(Stored data entries)
★ ★ ★
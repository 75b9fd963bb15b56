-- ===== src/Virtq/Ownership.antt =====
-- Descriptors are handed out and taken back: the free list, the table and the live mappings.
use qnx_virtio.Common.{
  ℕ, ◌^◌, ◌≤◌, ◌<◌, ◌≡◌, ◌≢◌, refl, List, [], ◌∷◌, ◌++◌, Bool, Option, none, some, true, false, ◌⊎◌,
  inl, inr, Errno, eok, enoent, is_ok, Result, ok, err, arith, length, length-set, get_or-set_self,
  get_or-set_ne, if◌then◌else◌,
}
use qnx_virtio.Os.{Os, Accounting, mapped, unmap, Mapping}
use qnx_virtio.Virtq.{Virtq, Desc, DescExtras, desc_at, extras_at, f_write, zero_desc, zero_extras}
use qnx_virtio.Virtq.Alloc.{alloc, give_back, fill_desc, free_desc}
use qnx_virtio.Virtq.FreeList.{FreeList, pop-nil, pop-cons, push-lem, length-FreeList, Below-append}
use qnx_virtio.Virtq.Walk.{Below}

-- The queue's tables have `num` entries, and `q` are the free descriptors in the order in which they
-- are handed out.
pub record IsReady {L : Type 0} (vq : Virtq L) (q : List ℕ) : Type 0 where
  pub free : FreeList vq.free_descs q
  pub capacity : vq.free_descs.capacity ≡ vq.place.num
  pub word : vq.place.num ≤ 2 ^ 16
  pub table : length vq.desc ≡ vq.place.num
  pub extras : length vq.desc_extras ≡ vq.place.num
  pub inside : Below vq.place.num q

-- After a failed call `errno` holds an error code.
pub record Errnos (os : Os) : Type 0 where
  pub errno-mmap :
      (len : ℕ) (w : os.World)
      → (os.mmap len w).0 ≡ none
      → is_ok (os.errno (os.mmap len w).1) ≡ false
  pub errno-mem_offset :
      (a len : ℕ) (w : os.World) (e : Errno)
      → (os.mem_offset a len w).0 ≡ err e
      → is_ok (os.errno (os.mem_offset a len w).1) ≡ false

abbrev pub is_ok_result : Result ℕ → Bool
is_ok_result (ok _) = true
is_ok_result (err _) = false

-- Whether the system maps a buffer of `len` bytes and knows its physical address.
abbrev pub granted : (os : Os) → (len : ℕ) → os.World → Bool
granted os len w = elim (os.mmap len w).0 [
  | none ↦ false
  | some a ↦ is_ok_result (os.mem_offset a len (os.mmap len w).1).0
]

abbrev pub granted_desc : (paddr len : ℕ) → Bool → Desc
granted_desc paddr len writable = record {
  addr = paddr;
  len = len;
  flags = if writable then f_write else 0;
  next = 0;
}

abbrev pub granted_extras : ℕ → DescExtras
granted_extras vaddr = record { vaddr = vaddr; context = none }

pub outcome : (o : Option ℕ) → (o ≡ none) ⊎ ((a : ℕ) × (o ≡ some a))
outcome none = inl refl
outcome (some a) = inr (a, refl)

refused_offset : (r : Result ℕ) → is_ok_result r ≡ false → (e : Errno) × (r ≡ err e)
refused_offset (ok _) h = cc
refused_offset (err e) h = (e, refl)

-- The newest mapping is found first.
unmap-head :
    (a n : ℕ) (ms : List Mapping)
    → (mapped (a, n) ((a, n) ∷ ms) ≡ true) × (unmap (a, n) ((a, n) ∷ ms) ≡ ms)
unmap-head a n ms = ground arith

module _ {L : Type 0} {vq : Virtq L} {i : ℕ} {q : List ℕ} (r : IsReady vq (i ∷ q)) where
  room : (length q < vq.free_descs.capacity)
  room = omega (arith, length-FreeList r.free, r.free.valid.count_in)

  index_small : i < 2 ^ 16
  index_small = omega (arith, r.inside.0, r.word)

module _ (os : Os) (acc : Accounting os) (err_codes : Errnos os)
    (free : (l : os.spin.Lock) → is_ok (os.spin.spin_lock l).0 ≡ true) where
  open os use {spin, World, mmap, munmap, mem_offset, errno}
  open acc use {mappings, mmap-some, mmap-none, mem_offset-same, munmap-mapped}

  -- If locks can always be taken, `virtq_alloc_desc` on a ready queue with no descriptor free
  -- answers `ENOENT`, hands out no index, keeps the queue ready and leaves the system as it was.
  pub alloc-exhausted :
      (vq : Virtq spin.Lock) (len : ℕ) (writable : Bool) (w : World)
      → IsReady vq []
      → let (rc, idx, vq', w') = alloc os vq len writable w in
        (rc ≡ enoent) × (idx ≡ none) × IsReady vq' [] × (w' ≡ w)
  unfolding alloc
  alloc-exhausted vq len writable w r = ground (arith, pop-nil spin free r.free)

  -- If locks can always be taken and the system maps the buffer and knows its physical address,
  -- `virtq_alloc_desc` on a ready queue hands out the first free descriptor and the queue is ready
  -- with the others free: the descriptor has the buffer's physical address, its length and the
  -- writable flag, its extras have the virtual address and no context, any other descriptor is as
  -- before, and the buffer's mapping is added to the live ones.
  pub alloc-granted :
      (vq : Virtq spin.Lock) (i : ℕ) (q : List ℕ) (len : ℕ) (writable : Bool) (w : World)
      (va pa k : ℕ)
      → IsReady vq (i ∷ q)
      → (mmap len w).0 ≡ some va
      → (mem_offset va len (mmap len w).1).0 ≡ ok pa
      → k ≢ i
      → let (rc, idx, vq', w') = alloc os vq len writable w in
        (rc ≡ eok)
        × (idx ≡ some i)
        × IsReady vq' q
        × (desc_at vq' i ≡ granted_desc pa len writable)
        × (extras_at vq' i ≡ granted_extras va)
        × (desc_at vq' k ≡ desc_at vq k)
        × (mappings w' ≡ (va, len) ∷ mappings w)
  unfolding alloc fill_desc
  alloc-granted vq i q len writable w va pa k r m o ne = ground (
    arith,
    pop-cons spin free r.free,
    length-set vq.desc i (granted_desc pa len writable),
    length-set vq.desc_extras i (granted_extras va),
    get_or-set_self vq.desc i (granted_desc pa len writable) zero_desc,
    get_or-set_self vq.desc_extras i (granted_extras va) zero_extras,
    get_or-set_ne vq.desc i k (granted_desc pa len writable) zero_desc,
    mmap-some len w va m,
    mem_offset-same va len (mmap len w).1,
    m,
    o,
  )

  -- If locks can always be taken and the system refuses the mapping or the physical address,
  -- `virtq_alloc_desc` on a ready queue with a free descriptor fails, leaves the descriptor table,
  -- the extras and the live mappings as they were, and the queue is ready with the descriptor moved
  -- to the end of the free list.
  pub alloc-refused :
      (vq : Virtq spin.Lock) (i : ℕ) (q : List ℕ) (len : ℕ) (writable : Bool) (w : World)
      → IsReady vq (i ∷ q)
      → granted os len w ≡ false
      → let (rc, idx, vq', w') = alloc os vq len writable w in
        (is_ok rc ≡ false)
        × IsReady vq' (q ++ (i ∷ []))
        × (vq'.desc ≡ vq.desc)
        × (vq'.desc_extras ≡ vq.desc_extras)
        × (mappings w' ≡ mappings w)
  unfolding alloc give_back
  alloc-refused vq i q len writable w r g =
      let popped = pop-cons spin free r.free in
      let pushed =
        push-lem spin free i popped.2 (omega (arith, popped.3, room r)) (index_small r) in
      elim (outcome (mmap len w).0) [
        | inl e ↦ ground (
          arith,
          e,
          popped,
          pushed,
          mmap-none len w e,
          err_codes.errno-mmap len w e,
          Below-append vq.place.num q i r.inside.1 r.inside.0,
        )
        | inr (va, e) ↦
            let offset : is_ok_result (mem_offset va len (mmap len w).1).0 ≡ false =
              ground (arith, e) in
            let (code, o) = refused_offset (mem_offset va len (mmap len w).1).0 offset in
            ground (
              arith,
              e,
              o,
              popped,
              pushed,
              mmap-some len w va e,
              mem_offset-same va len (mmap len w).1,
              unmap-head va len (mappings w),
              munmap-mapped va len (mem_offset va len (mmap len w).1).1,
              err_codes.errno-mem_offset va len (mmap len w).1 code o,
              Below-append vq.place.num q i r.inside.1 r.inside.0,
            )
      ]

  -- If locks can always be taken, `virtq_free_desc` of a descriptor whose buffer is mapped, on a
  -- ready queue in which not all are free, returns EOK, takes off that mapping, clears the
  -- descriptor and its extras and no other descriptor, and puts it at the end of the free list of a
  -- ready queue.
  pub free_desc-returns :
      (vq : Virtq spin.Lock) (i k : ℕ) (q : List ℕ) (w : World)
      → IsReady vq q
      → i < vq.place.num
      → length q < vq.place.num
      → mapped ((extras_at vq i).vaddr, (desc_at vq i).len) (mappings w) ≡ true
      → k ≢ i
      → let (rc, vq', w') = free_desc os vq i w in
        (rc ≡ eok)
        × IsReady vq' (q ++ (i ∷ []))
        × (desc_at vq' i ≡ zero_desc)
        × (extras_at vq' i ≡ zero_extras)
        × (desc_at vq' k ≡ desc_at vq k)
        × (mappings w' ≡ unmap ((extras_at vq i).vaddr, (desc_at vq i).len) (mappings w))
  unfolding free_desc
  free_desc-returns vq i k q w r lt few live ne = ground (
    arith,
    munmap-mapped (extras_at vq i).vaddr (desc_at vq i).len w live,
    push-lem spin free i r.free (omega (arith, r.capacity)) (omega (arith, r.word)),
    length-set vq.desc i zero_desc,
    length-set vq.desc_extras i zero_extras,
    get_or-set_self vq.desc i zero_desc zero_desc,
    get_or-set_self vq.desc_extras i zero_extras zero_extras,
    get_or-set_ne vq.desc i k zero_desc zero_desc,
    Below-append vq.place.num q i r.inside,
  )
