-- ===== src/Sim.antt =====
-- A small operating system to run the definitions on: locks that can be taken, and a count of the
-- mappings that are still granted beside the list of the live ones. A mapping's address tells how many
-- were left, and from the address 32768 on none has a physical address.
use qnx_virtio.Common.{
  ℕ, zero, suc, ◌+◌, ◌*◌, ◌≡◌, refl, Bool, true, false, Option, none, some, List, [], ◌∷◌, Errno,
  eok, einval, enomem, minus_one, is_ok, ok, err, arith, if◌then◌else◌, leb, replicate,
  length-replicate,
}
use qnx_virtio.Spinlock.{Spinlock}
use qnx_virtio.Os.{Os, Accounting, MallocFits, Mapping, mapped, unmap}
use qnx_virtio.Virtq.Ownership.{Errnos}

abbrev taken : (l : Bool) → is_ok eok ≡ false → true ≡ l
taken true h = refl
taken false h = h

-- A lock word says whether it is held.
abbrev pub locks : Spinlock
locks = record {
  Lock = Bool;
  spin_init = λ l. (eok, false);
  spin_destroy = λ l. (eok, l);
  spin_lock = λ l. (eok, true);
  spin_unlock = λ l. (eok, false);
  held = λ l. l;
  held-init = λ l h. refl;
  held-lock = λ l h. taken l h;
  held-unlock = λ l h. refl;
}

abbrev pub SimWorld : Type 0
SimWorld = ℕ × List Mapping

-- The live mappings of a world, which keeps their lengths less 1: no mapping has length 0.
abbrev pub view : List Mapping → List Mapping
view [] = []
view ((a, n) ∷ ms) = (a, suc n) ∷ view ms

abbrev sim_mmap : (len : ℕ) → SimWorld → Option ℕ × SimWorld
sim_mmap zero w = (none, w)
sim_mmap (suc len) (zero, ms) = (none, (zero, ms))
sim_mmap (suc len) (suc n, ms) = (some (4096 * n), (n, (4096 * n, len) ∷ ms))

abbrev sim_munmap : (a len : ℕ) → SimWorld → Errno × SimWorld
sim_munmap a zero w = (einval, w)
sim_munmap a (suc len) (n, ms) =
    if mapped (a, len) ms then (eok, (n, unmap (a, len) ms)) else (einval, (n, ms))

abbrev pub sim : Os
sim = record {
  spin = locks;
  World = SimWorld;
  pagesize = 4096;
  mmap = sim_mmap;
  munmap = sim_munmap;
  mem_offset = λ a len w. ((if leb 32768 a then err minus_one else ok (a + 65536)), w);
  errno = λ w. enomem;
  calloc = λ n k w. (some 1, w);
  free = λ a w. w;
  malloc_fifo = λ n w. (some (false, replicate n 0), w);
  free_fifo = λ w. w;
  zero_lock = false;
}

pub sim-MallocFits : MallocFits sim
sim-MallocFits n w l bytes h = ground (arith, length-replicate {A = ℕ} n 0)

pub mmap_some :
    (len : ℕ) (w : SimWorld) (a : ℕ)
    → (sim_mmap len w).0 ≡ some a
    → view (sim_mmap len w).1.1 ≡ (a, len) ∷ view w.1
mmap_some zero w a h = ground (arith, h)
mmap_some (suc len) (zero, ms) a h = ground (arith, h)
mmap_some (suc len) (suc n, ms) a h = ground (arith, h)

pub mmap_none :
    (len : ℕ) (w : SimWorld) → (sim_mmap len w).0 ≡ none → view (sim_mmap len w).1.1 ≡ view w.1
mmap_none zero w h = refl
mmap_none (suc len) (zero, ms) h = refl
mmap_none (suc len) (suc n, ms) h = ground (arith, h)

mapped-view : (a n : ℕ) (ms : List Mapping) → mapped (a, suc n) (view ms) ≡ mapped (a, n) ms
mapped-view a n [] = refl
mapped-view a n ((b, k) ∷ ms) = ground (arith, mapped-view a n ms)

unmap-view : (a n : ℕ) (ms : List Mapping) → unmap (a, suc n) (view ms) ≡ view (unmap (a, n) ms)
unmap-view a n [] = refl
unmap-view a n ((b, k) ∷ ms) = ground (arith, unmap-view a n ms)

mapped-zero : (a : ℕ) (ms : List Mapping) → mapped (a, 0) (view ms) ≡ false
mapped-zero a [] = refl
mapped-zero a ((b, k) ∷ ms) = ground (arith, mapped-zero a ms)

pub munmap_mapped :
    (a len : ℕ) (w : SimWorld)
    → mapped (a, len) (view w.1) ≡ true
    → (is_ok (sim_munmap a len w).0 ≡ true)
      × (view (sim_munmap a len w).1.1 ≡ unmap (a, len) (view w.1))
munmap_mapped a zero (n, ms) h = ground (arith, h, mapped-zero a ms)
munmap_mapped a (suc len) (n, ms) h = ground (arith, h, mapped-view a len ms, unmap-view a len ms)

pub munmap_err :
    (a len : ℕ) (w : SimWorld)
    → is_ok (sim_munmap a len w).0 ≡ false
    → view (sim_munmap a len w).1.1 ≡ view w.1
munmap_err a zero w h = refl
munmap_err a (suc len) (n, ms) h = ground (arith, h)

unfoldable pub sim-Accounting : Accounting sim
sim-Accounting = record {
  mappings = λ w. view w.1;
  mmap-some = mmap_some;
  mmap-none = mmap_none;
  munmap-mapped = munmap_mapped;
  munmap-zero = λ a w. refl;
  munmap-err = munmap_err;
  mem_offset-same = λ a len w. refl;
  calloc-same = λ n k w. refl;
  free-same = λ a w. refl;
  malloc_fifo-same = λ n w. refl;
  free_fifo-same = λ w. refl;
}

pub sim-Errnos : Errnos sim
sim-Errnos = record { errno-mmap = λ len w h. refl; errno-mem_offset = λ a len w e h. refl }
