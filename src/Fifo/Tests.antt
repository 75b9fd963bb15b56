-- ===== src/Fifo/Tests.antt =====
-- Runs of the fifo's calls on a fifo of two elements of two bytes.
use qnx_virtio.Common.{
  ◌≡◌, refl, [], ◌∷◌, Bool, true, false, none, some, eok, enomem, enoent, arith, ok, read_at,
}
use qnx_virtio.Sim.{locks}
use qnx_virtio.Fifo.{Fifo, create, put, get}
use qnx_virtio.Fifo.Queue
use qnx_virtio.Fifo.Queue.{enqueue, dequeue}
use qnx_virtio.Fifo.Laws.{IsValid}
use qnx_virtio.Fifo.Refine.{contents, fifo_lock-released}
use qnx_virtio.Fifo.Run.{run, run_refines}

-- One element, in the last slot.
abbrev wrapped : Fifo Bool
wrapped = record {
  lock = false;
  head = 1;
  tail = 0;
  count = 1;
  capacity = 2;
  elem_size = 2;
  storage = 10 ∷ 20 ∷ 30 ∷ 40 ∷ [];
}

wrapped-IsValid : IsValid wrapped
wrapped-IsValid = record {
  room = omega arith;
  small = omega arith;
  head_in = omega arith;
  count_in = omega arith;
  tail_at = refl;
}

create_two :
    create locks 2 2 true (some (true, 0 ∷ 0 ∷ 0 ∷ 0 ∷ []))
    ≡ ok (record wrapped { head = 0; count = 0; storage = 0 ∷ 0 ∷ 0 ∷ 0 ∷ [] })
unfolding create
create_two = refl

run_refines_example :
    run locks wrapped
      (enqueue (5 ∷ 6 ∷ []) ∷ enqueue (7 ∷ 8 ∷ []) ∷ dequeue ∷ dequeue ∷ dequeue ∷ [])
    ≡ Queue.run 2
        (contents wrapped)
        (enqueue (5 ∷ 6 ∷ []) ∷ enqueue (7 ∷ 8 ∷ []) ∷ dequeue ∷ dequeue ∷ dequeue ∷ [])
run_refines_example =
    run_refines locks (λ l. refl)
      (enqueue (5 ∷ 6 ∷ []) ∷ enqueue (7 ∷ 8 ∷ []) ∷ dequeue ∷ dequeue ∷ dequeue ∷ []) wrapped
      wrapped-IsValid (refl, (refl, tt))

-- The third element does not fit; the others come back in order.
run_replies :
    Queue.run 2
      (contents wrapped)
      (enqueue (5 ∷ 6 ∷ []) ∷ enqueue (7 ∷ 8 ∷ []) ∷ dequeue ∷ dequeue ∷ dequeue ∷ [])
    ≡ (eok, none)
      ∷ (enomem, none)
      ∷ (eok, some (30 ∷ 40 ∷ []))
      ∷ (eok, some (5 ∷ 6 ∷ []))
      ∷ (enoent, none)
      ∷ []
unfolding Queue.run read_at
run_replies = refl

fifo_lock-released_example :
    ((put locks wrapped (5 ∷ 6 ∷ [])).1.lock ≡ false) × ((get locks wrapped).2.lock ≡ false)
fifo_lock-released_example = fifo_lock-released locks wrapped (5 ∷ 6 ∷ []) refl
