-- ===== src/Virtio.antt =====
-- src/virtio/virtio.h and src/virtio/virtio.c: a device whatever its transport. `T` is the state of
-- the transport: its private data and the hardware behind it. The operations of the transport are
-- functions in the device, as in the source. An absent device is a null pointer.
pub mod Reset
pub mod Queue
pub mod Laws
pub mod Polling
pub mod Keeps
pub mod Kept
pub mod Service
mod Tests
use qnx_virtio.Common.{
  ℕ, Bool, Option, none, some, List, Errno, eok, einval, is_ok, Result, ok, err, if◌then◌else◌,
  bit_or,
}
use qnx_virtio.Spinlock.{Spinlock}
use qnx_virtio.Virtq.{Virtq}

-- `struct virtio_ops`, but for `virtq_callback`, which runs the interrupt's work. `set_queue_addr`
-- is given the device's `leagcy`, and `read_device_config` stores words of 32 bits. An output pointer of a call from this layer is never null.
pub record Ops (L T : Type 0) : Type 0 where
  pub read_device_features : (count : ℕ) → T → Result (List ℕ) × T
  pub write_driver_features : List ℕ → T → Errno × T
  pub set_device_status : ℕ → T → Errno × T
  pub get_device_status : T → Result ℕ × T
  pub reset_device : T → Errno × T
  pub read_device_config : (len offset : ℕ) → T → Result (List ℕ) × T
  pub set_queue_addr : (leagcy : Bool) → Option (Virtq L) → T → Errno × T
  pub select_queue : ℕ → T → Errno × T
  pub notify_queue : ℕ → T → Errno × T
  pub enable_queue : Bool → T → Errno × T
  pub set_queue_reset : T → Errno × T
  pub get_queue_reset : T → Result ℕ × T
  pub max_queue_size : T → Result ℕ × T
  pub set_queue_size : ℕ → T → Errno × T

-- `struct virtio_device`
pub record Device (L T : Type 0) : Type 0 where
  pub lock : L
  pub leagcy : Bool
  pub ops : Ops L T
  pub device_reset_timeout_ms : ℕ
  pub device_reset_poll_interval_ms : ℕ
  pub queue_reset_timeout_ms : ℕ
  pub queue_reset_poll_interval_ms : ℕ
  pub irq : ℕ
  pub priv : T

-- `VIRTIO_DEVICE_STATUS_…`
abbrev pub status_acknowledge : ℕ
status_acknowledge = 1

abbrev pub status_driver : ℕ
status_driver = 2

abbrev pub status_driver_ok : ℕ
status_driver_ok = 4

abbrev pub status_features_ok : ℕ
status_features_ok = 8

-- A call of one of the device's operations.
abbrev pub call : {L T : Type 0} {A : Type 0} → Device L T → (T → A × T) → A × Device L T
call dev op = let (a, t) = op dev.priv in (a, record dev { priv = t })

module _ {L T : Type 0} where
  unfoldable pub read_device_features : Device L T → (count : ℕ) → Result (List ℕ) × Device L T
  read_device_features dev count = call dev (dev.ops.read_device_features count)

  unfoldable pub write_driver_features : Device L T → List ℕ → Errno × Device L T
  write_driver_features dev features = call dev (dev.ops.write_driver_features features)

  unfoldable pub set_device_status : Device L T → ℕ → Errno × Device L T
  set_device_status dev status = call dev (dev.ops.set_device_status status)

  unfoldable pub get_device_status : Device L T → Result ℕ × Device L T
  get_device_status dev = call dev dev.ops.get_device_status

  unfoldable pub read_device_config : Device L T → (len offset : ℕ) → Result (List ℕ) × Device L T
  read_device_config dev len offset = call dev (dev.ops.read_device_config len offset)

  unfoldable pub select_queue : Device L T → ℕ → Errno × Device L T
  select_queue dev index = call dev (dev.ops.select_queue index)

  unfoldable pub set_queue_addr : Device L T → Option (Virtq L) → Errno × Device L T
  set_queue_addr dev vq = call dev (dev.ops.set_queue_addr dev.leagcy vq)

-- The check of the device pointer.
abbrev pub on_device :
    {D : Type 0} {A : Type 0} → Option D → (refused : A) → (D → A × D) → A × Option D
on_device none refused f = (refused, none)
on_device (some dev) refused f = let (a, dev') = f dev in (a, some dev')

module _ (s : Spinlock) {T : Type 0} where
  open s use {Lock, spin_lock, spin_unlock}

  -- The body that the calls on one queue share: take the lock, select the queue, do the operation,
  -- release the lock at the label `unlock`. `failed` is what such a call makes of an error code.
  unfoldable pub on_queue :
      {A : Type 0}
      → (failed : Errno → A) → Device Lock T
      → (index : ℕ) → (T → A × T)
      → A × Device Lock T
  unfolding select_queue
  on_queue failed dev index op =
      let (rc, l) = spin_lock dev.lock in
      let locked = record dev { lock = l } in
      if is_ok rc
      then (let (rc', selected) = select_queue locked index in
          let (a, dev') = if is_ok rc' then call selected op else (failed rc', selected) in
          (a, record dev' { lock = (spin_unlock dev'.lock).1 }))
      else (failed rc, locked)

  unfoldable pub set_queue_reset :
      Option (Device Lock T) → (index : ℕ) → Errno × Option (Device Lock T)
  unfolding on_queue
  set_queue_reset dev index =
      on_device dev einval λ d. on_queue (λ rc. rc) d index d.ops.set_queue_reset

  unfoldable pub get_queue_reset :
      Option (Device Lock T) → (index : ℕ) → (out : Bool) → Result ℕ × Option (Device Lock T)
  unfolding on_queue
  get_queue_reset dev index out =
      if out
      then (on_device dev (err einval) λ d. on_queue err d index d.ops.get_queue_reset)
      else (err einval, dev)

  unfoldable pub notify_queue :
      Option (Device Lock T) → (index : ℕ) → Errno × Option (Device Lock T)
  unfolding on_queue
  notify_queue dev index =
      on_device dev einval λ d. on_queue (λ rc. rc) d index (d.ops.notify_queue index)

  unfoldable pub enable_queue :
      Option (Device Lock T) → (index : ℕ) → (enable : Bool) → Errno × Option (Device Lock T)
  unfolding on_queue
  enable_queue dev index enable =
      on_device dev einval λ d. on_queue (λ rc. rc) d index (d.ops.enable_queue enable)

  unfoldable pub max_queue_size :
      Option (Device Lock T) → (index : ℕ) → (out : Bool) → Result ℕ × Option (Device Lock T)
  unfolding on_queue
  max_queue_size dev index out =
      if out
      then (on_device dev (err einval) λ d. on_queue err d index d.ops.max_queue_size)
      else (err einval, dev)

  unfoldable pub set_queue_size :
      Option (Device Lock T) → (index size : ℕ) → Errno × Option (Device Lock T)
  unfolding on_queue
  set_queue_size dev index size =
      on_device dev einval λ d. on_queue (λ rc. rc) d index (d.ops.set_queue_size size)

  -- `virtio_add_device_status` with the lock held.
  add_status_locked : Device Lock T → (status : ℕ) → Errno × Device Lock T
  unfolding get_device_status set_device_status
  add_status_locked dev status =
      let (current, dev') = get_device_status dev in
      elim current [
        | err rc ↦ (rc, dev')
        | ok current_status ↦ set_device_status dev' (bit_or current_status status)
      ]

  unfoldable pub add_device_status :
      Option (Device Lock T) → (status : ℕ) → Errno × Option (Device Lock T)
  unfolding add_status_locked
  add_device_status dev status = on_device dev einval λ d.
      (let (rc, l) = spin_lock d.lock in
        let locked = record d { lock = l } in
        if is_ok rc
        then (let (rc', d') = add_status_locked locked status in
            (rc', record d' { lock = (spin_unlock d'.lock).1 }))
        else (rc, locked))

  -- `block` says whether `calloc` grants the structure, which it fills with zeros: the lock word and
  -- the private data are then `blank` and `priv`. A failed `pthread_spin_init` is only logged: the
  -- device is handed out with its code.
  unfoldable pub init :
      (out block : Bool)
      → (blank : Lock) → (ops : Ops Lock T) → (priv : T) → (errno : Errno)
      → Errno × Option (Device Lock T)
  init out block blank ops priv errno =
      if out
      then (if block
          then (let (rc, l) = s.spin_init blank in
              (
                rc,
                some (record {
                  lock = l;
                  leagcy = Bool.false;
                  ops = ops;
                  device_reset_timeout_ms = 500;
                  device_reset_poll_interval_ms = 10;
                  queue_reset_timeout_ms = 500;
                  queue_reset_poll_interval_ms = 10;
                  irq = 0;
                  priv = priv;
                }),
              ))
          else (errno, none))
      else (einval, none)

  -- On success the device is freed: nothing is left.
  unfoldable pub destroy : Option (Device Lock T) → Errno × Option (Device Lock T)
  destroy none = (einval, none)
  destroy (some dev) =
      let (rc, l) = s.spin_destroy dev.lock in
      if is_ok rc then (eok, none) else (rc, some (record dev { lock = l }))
★ ★ ★
● Action item
Take the line above containing "run locks wrapped", the line containing "wrapped-IsValid (refl, (refl, tt))", and all lines in between, and copy them exactly without anything else.

● Solution to the exercise
    run locks wrapped
      (enqueue (5 ∷ 6 ∷ []) ∷ enqueue (7 ∷ 8 ∷ []) ∷ dequeue ∷ dequeue ∷ dequeue ∷ [])
    ≡ Queue.run 2
        (contents wrapped)
        (enqueue (5 ∷ 6 ∷ []) ∷ enqueue (7 ∷ 8 ∷ []) ∷ dequeue ∷ dequeue ∷ dequeue ∷ [])
run_refines_example =
    run_refines locks (λ l. refl)
      (enqueue (5 ∷ 6 ∷ []) ∷ enqueue (7 ∷ 8 ∷ []) ∷ dequeue ∷ dequeue ∷ dequeue ∷ []) wrapped
      wrapped-IsValid (refl, (refl, tt))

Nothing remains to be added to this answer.